## WHAT THE EXERCISE ASKS
Give back only the lines in the records below from the one with "AreSafe parse (listed" to the one with "pub stored : CleanStored parse r.stored", both inclusive, word for word.

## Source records

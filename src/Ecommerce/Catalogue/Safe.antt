-- ===== src/Ecommerce/Catalogue/Safe.antt =====
-- The documents that Eve/ecommerce/services/catalogue.py hands out.
use django_app_eve.Prelude.{
  ◌≡◌, String, Option, none, some, inl, inr, Bool, true, false, Bool-cases, List, [], ◌∷◌, All,
  if-both,
}
use django_app_eve.Ecommerce.Catalogue.{
  UrlParse, Link, Media, no_media, listed, other, Product, is_valid_product, is_web, safe_url,
  safe_link, as_link, safe_media, sanitize_media, sanitize_product, or_none, Sources, Result, found,
  Run, is_miss, valid, deliver, deliver_stale, fetch, refresh, from_fresh, get_product,
}

-- No link, or one whose URL is http or https with a host.
abbrev pub IsSafeLink : UrlParse → Link → Type 0
IsSafeLink parse none = Unit
IsSafeLink parse (some none) = ⊥
IsSafeLink parse (some (some url)) = is_web (parse url) ≡ true

-- Only a list of media is sanitized.
abbrev pub AreSafe : UrlParse → Media → Type 0
AreSafe parse no_media = Unit
AreSafe parse (listed l) = All (IsSafeLink parse) l
AreSafe parse (other _) = Unit

pub record IsClean (parse : UrlParse) (p : Product) : Type 0 where
  pub is_valid : is_valid_product p ≡ true
  pub thumbnail : IsSafeLink parse p.thumbnail
  pub media : AreSafe parse p.media

abbrev pub CleanResult : UrlParse → Result → Type 0
CleanResult parse (found p) = IsClean parse p
CleanResult parse _ = Unit

abbrev pub CleanStored : UrlParse → Option Product → Type 0
CleanStored parse none = Unit
CleanStored parse (some p) = IsClean parse p

pub record IsCleanRun (parse : UrlParse) (r : Run) : Type 0 where
  pub result : CleanResult parse r.result
  pub stored : CleanStored parse r.stored

module _ (parse : UrlParse) where
  safe_link-IsSafe : (m : Link) → IsSafeLink parse (as_link (safe_link parse m))
  unfolding safe_link safe_url
  safe_link-IsSafe none = tt
  safe_link-IsSafe (some none) = tt
  safe_link-IsSafe (some (some url)) = elim (Bool-cases (is_web (parse url))) [
    | inl e ↦ rw e e
    | inr e ↦ rw e tt
  ]

  safe_media-AreSafe : (l : List Link) → All (IsSafeLink parse) (safe_media parse l)
  unfolding safe_media
  safe_media-AreSafe [] = tt
  safe_media-AreSafe (m ∷ rest) =
      kept (safe_link parse m) (safe_link-IsSafe m) (safe_media-AreSafe rest)
    where
      kept :
          (o : Option String)
          → IsSafeLink parse (as_link o)
          → All (IsSafeLink parse) (safe_media parse rest)
          → All (IsSafeLink parse) (elim o as (λ x. List Link) [
            | none ↦ safe_media parse rest
            | some url ↦ some (some url) ∷ safe_media parse rest
          ])
      kept none h later = later
      kept (some url) h later = (h, later)

  sanitize_media-AreSafe : (m : Media) → AreSafe parse (sanitize_media parse m)
  sanitize_media-AreSafe no_media = tt
  sanitize_media-AreSafe (listed l) = safe_media-AreSafe l
  sanitize_media-AreSafe (other _) = tt

  pub sanitize_product-IsClean :
      (p : Product) → is_valid_product p ≡ true → IsClean parse (sanitize_product parse p)
  unfolding sanitize_product is_valid_product
  sanitize_product-IsClean p h = record {
    is_valid = h;
    thumbnail = safe_link-IsSafe p.thumbnail;
    media = sanitize_media-AreSafe p.media;
  }

  -- What each end of a run makes of a product that passed the validation.
  deliver-IsCleanRun :
      (asked : Bool) (o : Option Product) → IsCleanRun parse (deliver parse asked (valid o))
  unfolding deliver valid
  deliver-IsCleanRun asked none = record { result = tt; stored = tt }
  deliver-IsCleanRun asked (some p) = elim (Bool-cases (is_valid_product p)) [
    | inr e ↦ rw e (record { result = tt; stored = tt })
    | inl e ↦ rw e (record {
      result = sanitize_product-IsClean p e;
      stored =
          if-both (CleanStored parse) asked (some (sanitize_product parse p)) none
            (λ z. sanitize_product-IsClean p e) (λ z. tt);
    })
  ]

  deliver_stale-IsCleanRun :
      (asked : Bool) (o : Option Product) → IsCleanRun parse (deliver_stale parse asked (valid o))
  unfolding deliver_stale valid
  deliver_stale-IsCleanRun asked none = record { result = tt; stored = tt }
  deliver_stale-IsCleanRun asked (some p) = elim (Bool-cases (is_valid_product p)) [
    | inr e ↦ rw e (record { result = tt; stored = tt })
    | inl e ↦ rw e (record { result = sanitize_product-IsClean p e; stored = tt })
  ]

  fetch-IsCleanRun :
      (src : Sources) (o : Option (Option Product)) → IsCleanRun parse (fetch parse src o)
  unfolding fetch
  fetch-IsCleanRun src none = deliver_stale-IsCleanRun true (or_none src.stale)
  fetch-IsCleanRun src (some o) = deliver-IsCleanRun true o

  refresh-IsCleanRun : (src : Sources) (l : Option Bool) → IsCleanRun parse (refresh parse src l)
  unfolding refresh
  refresh-IsCleanRun src none = deliver_stale-IsCleanRun false (or_none src.stale)
  refresh-IsCleanRun src (some true) = fetch-IsCleanRun src src.upstream
  refresh-IsCleanRun src (some false) = deliver-IsCleanRun false _

  from_fresh-IsCleanRun :
      (src : Sources) (o : Option Product) → IsCleanRun parse (from_fresh parse src (valid o))
  unfolding from_fresh valid
  from_fresh-IsCleanRun src none = refresh-IsCleanRun src src.lease
  from_fresh-IsCleanRun src (some p) = elim (Bool-cases (is_valid_product p)) [
    | inr e ↦ rw e (refresh-IsCleanRun src src.lease)
    | inl e ↦ rw e (record { result = sanitize_product-IsClean p e; stored = tt })
  ]

  -- Wherever a product comes from (the fresh copy, Saleor, a poll or a stale copy), what `get_product`
  -- returns, and what it writes to the cache, has an id, a name and a slug; the URL of its thumbnail,
  -- and every URL in its media where these are a list, is http or https with a host. Media that
  -- are neither absent nor a list are kept as they came, and nothing is said of what they hold.
  pub get_product-IsCleanRun : (src : Sources) → IsCleanRun parse (get_product parse src)
  unfolding get_product
  get_product-IsCleanRun src =
      if-both (IsCleanRun parse) (is_miss src.miss) _ _ (λ e. record { result = tt; stored = tt })
        (λ e. from_fresh-IsCleanRun src (or_none src.fresh))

## SOLUTION BELOW
AreSafe parse (listed l) = All (IsSafeLink parse) l
AreSafe parse (other _) = Unit

pub record IsClean (parse : UrlParse) (p : Product) : Type 0 where
  pub is_valid : is_valid_product p ≡ true
  pub thumbnail : IsSafeLink parse p.thumbnail
  pub media : AreSafe parse p.media

abbrev pub CleanResult : UrlParse → Result → Type 0
CleanResult parse (found p) = IsClean parse p
CleanResult parse _ = Unit

abbrev pub CleanStored : UrlParse → Option Product → Type 0
CleanStored parse none = Unit
CleanStored parse (some p) = IsClean parse p

pub record IsCleanRun (parse : UrlParse) (r : Run) : Type 0 where
  pub result : CleanResult parse r.result
  pub stored : CleanStored parse r.stored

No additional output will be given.